HomeContributorsFundamental AnalysisMinor Slowdown Expected in Chinese Manufacturing Activity; Aussie also in Spotlight

Minor Slowdown Expected in Chinese Manufacturing Activity; Aussie also in Spotlight

Chinese official manufacturing and services PMIs for the month of November are due on Thursday at 0100 GMT, while Caixin’s respective measure for the manufacturing sector is scheduled for release on Friday at 0145 GMT.

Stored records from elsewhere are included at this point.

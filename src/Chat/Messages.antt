-- ===== src/Chat/Messages.antt =====
-- The setters of client/src/store/chatStore.ts that write `messagesByConv`.
use dfchat.Common.{
  ℕ, String, Bool, not, Option, none, some, List, [], ◌∷◌, ◌++◌, reverse, leb, if◌then◌else◌,
  ◌or_else◌, ◌==◌, find, find_index, any, keep, set, get_elem?, length, nat_eq, map,
}
use dfchat.Common.Dict.{Dict, get, spread}
use dfchat.Types.{ChatMessage, ReactionCount}
use dfchat.Seq.{bump_last}
use dfchat.Chat.{
  Client, CachedText, messages, other, malformed, ParseDate, is_past_authority_window,
  cache_messages, archive_append, archive_remove, set_conv,
}

-- `m.id === id`
abbrev pub is_id : String → ChatMessage → Bool
is_id id m = m.id == id

abbrev pub has_id : String → List ChatMessage → Bool
has_id id ms = any (is_id id) ms

-- `s.messagesByConv[convId]`
abbrev pub conv_of : String → Client → Option (List ChatMessage)
conv_of conv_id c = get conv_id c.chat.messages_by_conv

unfoldable pub archive_each : List ChatMessage → Client → Client
archive_each [] c = c
archive_each (m ∷ ms) c = archive_each ms (archive_append m c)

unfoldable pub set_messages : String → List ChatMessage → Client → Client
set_messages conv_id msgs c =
    let ordered = reverse msgs in
    set_conv conv_id ordered (archive_each ordered (cache_messages conv_id ordered c))

-- What the loop of `mergeMessages` pushes: the messages whose id is neither in `seen` nor pushed.
unfoldable pub unseen : List String → List ChatMessage → List ChatMessage
unseen seen [] = []
unseen seen (m ∷ ms) =
    let rest = unseen (m.id ∷ seen) ms in
    if any (λ id. id == m.id) seen then unseen seen ms else m ∷ rest

-- `merged.sort((a, b) => a.seq - b.seq)`, a stable sort
unfoldable pub insert_by_seq : ChatMessage → List ChatMessage → List ChatMessage
insert_by_seq m [] = m ∷ []
insert_by_seq m (x ∷ xs) = if leb m.seq x.seq then m ∷ x ∷ xs else x ∷ insert_by_seq m xs

unfoldable pub sort_by_seq : List ChatMessage → List ChatMessage
unfolding insert_by_seq
sort_by_seq [] = []
sort_by_seq (m ∷ ms) = insert_by_seq m (sort_by_seq ms)

unfoldable pub merge_messages : String → List ChatMessage → Client → Client
merge_messages conv_id msgs c =
    let existing = conv_of conv_id c or_else [] in
    let pushed = unseen (map (λ m. m.id) existing) msgs in
    let merged = sort_by_seq (existing ++ pushed) in
    set_conv conv_id merged (cache_messages conv_id merged (archive_each pushed c))

-- `useSeqStore.getState().bumpLast(…)`
abbrev pub bump : ChatMessage → Client → Client
bump msg c = record c { seqs = bump_last msg.conversation_id msg.seq c.seqs }

unfoldable pub append_message : ChatMessage → Client → Client
append_message msg c0 =
    let c = archive_append msg (bump msg c0) in
    let existing = conv_of msg.conversation_id c or_else [] in
    let next = existing ++ msg ∷ [] in
    if has_id msg.id existing
    then c
    else set_conv msg.conversation_id next (cache_messages msg.conversation_id next c)

-- The updater of `replaceMessage` and `applyReactionUpdate`: the entry at the index of the id.
unfoldable pub write_at_id :
    String → String → (ChatMessage → ChatMessage) → List ChatMessage → Client → Client
write_at_id conv_id id f existing c = elim (find_index (is_id id) existing) [
  | none ↦ c
  | some idx ↦ elim (get_elem? existing idx) [
    | none ↦ c
    | some old ↦
        set_conv conv_id (set existing idx (f old))
          (cache_messages conv_id (set existing idx (f old)) c)
  ]
]

unfoldable pub replace_message : ParseDate → ℕ → ChatMessage → Client → Client
replace_message parse_date now msg c0 =
    let c = archive_append msg c0 in
    if is_past_authority_window parse_date now msg.created_at
    then c0
    else elim (conv_of msg.conversation_id c) [
      | none ↦ c
      | some existing ↦ write_at_id msg.conversation_id msg.id (λ old. msg) existing c
    ]

-- The archive's part of `removeMessage`.
abbrev pub mirror_removal : ParseDate → ℕ → String → Option ChatMessage → Client → Client
mirror_removal parse_date now message_id none c = c
mirror_removal parse_date now message_id (some current) c =
    if is_past_authority_window parse_date now current.created_at
    then c
    else archive_remove message_id c

unfoldable pub remove_message : ParseDate → ℕ → String → String → Client → Client
remove_message parse_date now conv_id message_id c0 =
    let current = find (is_id message_id) (conv_of conv_id c0 or_else []) in
    let c = mirror_removal parse_date now message_id current c0 in
    elim (conv_of conv_id c) [
      | none ↦ c
      | some existing ↦
          let next = keep (λ m. not (is_id message_id m)) existing in
          if nat_eq (length next) (length existing)
          then c
          else set_conv conv_id next (cache_messages conv_id next c)
    ]

unfoldable pub apply_reaction_update : String → String → List ReactionCount → Client → Client
apply_reaction_update conv_id message_id reactions c = elim (conv_of conv_id c) [
  | none ↦ c
  | some arr ↦
      write_at_id conv_id message_id (λ old. record old { reactions = some reactions }) arr c
]

-- The loop of `loadAllCached`, in the order of localStorage: a text that does not parse ends it.
unfoldable pub load_all_cached : Dict CachedText → Dict (List ChatMessage)
load_all_cached [] = []
load_all_cached ((k, messages ms) ∷ rest) = (k, ms) ∷ load_all_cached rest
load_all_cached ((k, other) ∷ rest) = load_all_cached rest
load_all_cached ((k, malformed) ∷ rest) = []

-- The end of `hydrateFromCache`: what is in memory wins over the cache.
unfoldable pub restore : Dict (List ChatMessage) → Client → Client
restore [] c = c
restore cached c = record c {
  chat = record c.chat { messages_by_conv = spread cached c.chat.messages_by_conv };
}

unfoldable pub hydrate_from_cache : Client → Client
unfolding restore
hydrate_from_cache c = restore (load_all_cached c.cache) c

According to analysts’ projections, the official manufacturing PMI will decline to 51.4 in November from October’s 51.6. Despite the ongoing rebalancing in the Chinese economy resulting in the services sector playing an ever more prominent role in terms of contribution to economic activity, the bulk of attention still remains on the release of manufacturing PMI figures, with no polls for services PMI being released. The Caixin manufacturing PMI, which compared to the official figure focuses more on small and mid-size businesses, is also expected to reflect a minor slowdown, falling to 50.9 from October’s 51.0. A reading of 50 reflects zero sectoral growth.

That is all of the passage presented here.